TASK DETAILS:
I need only the number of lines in this data that contain the string "ViewCmd".

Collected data
----------------------------------------

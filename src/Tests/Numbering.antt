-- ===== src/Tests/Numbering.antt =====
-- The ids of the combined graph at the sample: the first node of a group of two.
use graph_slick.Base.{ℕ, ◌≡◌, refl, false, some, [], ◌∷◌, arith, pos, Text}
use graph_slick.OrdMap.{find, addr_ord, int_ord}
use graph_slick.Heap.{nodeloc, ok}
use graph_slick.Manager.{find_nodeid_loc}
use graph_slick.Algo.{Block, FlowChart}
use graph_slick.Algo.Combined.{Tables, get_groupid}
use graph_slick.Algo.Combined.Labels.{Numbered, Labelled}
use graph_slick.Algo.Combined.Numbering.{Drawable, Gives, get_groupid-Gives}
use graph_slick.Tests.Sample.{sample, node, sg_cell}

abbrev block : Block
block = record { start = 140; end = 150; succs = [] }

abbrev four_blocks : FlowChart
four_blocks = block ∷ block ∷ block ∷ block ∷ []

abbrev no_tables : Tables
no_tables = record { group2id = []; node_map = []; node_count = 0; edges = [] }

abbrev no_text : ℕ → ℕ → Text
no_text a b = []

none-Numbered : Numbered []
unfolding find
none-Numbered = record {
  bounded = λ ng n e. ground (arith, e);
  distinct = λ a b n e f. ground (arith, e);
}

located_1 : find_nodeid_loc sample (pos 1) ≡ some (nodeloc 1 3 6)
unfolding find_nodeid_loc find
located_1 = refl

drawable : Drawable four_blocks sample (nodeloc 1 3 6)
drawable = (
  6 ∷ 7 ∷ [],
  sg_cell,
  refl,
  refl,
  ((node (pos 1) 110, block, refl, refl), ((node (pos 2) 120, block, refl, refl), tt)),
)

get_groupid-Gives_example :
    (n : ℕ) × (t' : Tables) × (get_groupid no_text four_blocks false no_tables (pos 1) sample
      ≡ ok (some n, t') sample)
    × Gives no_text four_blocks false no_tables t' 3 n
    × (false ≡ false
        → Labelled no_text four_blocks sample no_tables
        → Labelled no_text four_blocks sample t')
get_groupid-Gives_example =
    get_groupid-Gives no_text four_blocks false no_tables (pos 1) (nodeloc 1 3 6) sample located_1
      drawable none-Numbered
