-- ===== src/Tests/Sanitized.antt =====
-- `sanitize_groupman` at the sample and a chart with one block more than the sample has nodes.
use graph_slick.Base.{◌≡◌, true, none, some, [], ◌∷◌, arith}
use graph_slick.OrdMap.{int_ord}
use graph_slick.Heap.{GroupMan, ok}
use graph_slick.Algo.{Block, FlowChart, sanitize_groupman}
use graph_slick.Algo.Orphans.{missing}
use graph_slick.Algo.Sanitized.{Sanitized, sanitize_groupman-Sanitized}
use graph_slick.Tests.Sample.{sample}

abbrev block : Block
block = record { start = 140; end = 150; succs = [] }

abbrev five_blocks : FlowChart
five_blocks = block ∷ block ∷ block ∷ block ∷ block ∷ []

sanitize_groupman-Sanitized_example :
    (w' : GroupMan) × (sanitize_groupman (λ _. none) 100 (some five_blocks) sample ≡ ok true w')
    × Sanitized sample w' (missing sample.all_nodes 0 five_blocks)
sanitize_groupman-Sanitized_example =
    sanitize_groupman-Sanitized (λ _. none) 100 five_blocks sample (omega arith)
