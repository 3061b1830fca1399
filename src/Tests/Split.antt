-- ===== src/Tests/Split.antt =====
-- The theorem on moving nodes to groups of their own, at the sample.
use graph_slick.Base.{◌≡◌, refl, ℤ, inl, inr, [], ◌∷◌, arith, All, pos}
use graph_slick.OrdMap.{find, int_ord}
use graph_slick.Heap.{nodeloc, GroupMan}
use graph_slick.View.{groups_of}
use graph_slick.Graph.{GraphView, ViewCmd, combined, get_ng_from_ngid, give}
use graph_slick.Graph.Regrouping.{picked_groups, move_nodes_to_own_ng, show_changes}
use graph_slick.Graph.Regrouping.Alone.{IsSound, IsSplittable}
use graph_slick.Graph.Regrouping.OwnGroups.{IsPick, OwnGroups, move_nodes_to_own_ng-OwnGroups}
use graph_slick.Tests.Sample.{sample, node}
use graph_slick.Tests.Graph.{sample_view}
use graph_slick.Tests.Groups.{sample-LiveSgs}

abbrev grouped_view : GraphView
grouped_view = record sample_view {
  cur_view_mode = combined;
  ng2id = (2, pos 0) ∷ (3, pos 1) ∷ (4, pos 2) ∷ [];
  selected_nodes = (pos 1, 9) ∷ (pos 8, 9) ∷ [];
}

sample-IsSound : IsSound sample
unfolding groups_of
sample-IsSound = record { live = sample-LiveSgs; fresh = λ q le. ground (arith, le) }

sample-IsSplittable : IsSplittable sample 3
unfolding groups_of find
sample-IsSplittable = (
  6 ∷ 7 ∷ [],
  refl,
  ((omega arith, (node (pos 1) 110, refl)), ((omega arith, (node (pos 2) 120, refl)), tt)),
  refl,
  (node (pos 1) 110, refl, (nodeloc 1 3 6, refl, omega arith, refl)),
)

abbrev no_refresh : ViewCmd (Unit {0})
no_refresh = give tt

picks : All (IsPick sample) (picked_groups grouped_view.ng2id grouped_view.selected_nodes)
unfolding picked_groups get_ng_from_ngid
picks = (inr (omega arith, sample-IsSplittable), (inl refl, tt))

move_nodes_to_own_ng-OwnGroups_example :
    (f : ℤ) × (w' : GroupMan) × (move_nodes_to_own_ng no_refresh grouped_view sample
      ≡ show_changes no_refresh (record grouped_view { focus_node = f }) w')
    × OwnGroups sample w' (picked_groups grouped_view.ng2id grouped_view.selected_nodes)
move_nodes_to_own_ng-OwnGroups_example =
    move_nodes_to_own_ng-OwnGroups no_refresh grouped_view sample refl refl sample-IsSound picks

----------------------------------------

RESULT BELOW:
2